Furthermore, a number of modules are optionally available:
- Statistics: gathers various pieces of statistical information.
- NetworkWorker/NetworkMaster: synchronize multiple instances over the network.
- ThreadWorker/ThreadMaster: synchronize multiple instances within the same process.
- Storage: stores crashing programs to disk.
The fuzzer is event-driven, with most of the interactions between different classes happening through events. Events are dispatched e.g. as a result of a crash or an interesting program being found, a new program being executed, a log message being generated and so on. See Events.swift for the full list of events. The event mechanism effectively decouples the various components of the fuzzer and makes it easy to implement additional modules.
A FuzzIL program can be built up using a ProgramBuilder instance. A ProgramBuilder provides methods to create and append new instructions, append instructions from another program, retrieve existing variables, query the execution context at the current position (e.g. whether it is inside a loop), and more.
The fuzzer supports different modes of execution for the target engines:
- Forkserver: similar to afl, this will stop execution in the child process after (parts of) the process initialization are completed, then fork a new child process for every generated sample.
- REPRL (read-eval-print-reset-loop): in this mode the target engine is modified to accept a script over some IPC channel, execute it, then reset its internal state and wait for the next script. This mode tends to be faster.
There is one fuzzer instance per target process. This enables synchronous execution of programs and thereby simplifies the implementation of various algorithms such as consecutive mutations and minimization.
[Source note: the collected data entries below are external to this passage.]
-- ===== src/Prelude/Equations.antt =====
-- What a test that holds says.
use Prim.Native.Nat.{ℕ}
use Prim.Native.String.{String}
use mathlib.Core.Path.{◌≡◌}
use mathlib.Core.Bool.{Bool, true, ◌&&◌}
use native.Mathlib.Omega.{arith}
use text.Mathlib.Text.{◌==◌ as str_eq}
use text.Mathlib.TextEquality.{eq_iff}
use gb_parano1d_permanode.Prelude.Tests.{◌==◌}

pub and-eq : (a b : Bool) → (a && b) ≡ true → (a ≡ true) × (b ≡ true)
and-eq a b e = ground arith

pub eq-of_== : (a b : ℕ) → (a == b) ≡ true → a ≡ b
eq-of_== a b e = ground arith

pub eq-of_str_eq : (a b : String) → str_eq a b ≡ true → a ≡ b
eq-of_str_eq a b e = (eq_iff a b).0 e
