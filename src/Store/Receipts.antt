-- ===== src/Store/Receipts.antt =====
-- core/src/db.rs, `insert_receipt_transaction`: a transaction proven by a payment receipt enters a
-- header-only block. Its row has a new id, so its parts are new rows too.
use gb_parano1d_permanode.Prelude.{
  ℕ, suc, Bool, true, false, not, ◌&&◌, Option, none, some, String, List, [], ◌∷◌, ◌==◌, ltb,
  str_eq, find, if◌then◌else◌,
}
use gb_parano1d_permanode.Prelude.Result.{Result, ok, err, ◌>>◌, ensure}
use gb_parano1d_permanode.Store.Rows.{
  BlockRow, TransactionRow, PageHashRow, InputRow, OutputRow, Database, update_where, next_id,
}
use gb_parano1d_permanode.Store.Blocks.{has_id, block_by_id, is_header_only}
use gb_parano1d_permanode.Store.Bodies.{is_tx}

abbrev pub receipt_source : String
receipt_source = "receipt"

-- `RECORDED`: `source IS NOT 'receipt'`, true for NULL.
abbrev pub is_recorded : TransactionRow → Bool
is_recorded t = elim t.source [ none ↦ true | some source ↦ not (str_eq source receipt_source) ]

pub record ReceiptInput : Type 0 where
  pub page : ℕ
  pub lane : ℕ
  pub slot_index : ℕ
  pub amount_micronoid : ℕ
  pub creation_id : ℕ

pub record ReceiptOutput : Type 0 where
  pub page : ℕ
  pub lane : ℕ
  pub slot_index : ℕ
  pub amount_micronoid : ℕ
  pub owner : String

pub record ReceiptTransaction : Type 0 where
  pub position : ℕ
  pub tx_count : ℕ
  pub txid : String
  pub page_count : ℕ
  pub fee_micronoid : ℕ
  pub epoch_anchor : String
  pub input_owner : String
  pub input_sum_micronoid : String
  pub output_sum_micronoid : String
  pub contract_flags : ℕ
  pub page_hashes : List String
  pub inputs : List ReceiptInput
  pub outputs : List ReceiptOutput
  pub receipt_hex : String

abbrev add_page_hashes : ℕ → ℕ → List String → List PageHashRow → List PageHashRow
add_page_hashes tx idx [] rows = rows
add_page_hashes tx idx (hash ∷ hashes) rows =
    add_page_hashes tx (suc idx) hashes
      ((record { tx_id = tx; idx = idx; page_hash = hash }) ∷ rows)

abbrev add_inputs : ℕ → ℕ → List ReceiptInput → List InputRow → List InputRow
add_inputs tx idx [] rows = rows
add_inputs tx idx (i ∷ is) rows = add_inputs tx (suc idx) is (
    (record {
      tx_id = tx;
      idx = idx;
      page = i.page;
      lane = i.lane;
      slot_index = i.slot_index;
      amount_micronoid = i.amount_micronoid;
      creation_id = i.creation_id;
    })
    ∷ rows)

abbrev add_outputs : ℕ → ℕ → List ReceiptOutput → List OutputRow → List OutputRow
add_outputs tx idx [] rows = rows
add_outputs tx idx (o ∷ os) rows = add_outputs tx (suc idx) os (
    (record {
      tx_id = tx;
      idx = idx;
      page = o.page;
      lane = o.lane;
      slot_index = o.slot_index;
      amount_micronoid = o.amount_micronoid;
      owner = o.owner;
      creation_id = none;
      spent_in_gap = false;
      spent_in_gap_at = none;
    })
    ∷ rows)

abbrev pub receipt_row : ℕ → ReceiptTransaction → ℕ → TransactionRow
receipt_row block tx id = record {
  id = id;
  block_id = block;
  position = tx.position;
  txid = tx.txid;
  page_count = tx.page_count;
  fee_micronoid = tx.fee_micronoid;
  coinbase = false;
  development_payout = false;
  epoch_anchor = tx.epoch_anchor;
  input_owner = some tx.input_owner;
  input_sum_micronoid = tx.input_sum_micronoid;
  output_sum_micronoid = tx.output_sum_micronoid;
  contract_flags = tx.contract_flags;
  source = some receipt_source;
}

-- The writes for a transaction that is accepted.
unfoldable pub write_receipt : Database → ℕ → ReceiptTransaction → ℕ → Database
write_receipt db block tx now =
    let id = next_id (λ (t : TransactionRow). t.id) db.transactions in
    record db {
      transactions = receipt_row block tx id ∷ db.transactions;
      tx_page_hashes = add_page_hashes id 0 tx.page_hashes db.tx_page_hashes;
      tx_inputs = add_inputs id 0 tx.inputs db.tx_inputs;
      tx_outputs = add_outputs id 0 tx.outputs db.tx_outputs;
      tx_receipts =
          (record { tx_id = id; receipt_hex = tx.receipt_hex; imported_at = now }) ∷ db.tx_receipts;
      blocks =
          update_where (has_id block) (λ b. record b { tx_count_total = some tx.tx_count })
            db.blocks;
    }

-- No earlier receipt of the block names another number of transactions.
abbrev pub count_agrees : Option BlockRow → ℕ → Bool
count_agrees none n = false
count_agrees (some b) n = elim b.tx_count_total [ none ↦ true | some known ↦ known == n ]

abbrev pub is_from_receipt : TransactionRow → String → Bool
is_from_receipt t txid =
    str_eq t.txid txid
    && (elim t.source [ none ↦ false | some source ↦ str_eq source receipt_source ])

-- The database afterwards, and whether the transaction was written.
unfoldable pub insert_receipt_transaction :
    Database → ℕ → ReceiptTransaction → ℕ → Result (Database × Bool)
unfolding is_header_only block_by_id write_receipt
insert_receipt_transaction db block tx now = do
  ensure (is_header_only db block)
  ensure (not (tx.position == 0) && ltb tx.position tx.tx_count)
  ensure (count_agrees (block_by_id db block) tx.tx_count)
  elim (find (is_tx block tx.position) db.transactions) [
    | none ↦ ok (write_receipt db block tx now, true)
    | some t ↦ if is_from_receipt t tx.txid then ok (db, false) else err
  ]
Moreover, it avoids the need to implement thread-safe access to internal state, e.g. the corpus. Each fuzzer instance has its own dedicated DispatchQueue, conceptually corresponding to a single thread. Every interaction with a fuzzer instance must then happen on the instance’s DispatchQueue. This guarantees thread-safety as the queue is serial.
To scale, fuzzer instances can become workers, in which case they report newly found interesting samples and crashes to a master instance. In turn, the master instances also synchronize their corpus with the workers. Communication between masters and workers can happen in different ways, each implemented as a module:
- Inter-thread communication: synchronize instances in the same process by enqueuing tasks to the other fuzzer’s DispatchQueue.
- Inter-process communication (TODO): synchronize instances over an IPC channel.
- Inter-machine communication: synchronize instances over a simple TCP-based protocol.
This design allows the fuzzer to scale to many cores on a single machine as well as to many different machines. As one master instance can quickly become overloaded if too many workers send programs to it, it is also possible to configure multiple tiers of master instances, e.g. one master instance, 16 intermediate masters connected to the master, and 256 workers connected to the intermediate masters.
Further resources about this fuzzer:
- A presentation about Fuzzilli given at Offensive Con 2019.
- The master's thesis for which the initial implementation was done.
This is not an officially supported Google product.